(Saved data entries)
Content starts

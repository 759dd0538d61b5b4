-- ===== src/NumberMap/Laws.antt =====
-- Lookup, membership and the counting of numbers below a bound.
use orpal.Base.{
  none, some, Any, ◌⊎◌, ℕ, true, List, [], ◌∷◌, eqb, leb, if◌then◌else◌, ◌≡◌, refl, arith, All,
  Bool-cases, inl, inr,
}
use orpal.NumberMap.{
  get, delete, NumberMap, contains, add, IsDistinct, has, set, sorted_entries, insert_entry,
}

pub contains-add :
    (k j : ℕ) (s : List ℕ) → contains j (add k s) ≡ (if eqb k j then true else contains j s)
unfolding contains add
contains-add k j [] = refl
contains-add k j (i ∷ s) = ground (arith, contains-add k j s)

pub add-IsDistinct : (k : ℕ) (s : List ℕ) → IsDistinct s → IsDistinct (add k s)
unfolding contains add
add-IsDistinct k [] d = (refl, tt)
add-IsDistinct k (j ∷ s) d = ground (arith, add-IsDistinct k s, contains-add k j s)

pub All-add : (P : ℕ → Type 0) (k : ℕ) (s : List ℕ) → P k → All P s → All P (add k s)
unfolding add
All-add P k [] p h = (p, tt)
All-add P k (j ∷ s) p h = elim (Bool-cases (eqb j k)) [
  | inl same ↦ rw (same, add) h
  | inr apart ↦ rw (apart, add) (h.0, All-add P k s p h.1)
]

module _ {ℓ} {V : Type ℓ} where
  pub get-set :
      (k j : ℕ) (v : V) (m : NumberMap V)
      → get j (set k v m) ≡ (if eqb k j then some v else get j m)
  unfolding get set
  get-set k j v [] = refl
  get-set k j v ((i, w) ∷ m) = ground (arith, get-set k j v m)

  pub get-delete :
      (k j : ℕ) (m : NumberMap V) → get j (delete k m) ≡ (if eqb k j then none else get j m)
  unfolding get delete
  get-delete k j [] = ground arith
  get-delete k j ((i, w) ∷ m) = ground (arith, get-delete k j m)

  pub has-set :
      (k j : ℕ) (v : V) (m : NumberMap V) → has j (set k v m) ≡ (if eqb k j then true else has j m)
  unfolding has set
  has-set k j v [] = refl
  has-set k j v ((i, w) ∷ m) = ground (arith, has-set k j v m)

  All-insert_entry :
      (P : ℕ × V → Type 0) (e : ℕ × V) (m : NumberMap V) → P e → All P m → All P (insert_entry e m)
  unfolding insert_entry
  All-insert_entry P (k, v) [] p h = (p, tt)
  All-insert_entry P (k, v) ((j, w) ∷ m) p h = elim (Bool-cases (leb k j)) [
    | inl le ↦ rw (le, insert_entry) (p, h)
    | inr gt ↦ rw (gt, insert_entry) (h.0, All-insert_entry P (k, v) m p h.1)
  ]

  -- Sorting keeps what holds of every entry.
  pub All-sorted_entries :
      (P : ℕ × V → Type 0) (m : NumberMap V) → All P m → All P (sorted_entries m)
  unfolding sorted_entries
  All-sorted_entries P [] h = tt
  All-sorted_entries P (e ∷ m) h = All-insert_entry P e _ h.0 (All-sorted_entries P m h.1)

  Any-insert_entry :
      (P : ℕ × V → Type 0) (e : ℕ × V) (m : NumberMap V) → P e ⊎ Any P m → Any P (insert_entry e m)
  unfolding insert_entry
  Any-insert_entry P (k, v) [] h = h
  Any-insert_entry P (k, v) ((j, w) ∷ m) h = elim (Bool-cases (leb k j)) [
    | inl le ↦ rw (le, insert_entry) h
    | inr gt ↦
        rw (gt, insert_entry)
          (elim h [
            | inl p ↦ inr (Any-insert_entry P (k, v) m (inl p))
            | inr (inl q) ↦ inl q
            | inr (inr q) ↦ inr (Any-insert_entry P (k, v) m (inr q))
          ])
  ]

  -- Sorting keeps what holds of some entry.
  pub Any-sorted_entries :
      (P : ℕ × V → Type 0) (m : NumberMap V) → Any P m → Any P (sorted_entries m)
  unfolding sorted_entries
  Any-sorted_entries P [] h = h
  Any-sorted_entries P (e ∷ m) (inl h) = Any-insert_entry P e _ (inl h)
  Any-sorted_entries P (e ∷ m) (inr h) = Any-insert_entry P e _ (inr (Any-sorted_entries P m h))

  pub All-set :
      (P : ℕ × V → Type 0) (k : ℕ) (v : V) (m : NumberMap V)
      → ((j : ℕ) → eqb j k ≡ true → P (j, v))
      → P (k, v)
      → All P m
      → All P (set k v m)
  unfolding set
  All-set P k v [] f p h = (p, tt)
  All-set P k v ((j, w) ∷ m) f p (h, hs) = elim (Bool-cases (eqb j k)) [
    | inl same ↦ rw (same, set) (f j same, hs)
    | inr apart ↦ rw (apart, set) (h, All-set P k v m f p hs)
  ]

Content ends

Give back, word for word, only the lines above from the line holding "All P (insert_entry e m)" to the line holding "All-sorted_entries P (e", both included.

- [RESPONSE TO THE EXERCISE]
      (P : ℕ × V → Type 0) (e : ℕ × V) (m : NumberMap V) → P e → All P m → All P (insert_entry e m)
  unfolding insert_entry
  All-insert_entry P (k, v) [] p h = (p, tt)
  All-insert_entry P (k, v) ((j, w) ∷ m) p h = elim (Bool-cases (leb k j)) [
    | inl le ↦ rw (le, insert_entry) (p, h)
    | inr gt ↦ rw (gt, insert_entry) (h.0, All-insert_entry P (k, v) m p h.1)
  ]

  -- Sorting keeps what holds of every entry.
  pub All-sorted_entries :
      (P : ℕ × V → Type 0) (m : NumberMap V) → All P m → All P (sorted_entries m)
  unfolding sorted_entries
  All-sorted_entries P [] h = tt
  All-sorted_entries P (e ∷ m) h = All-insert_entry P e _ h.0 (All-sorted_entries P m h.1)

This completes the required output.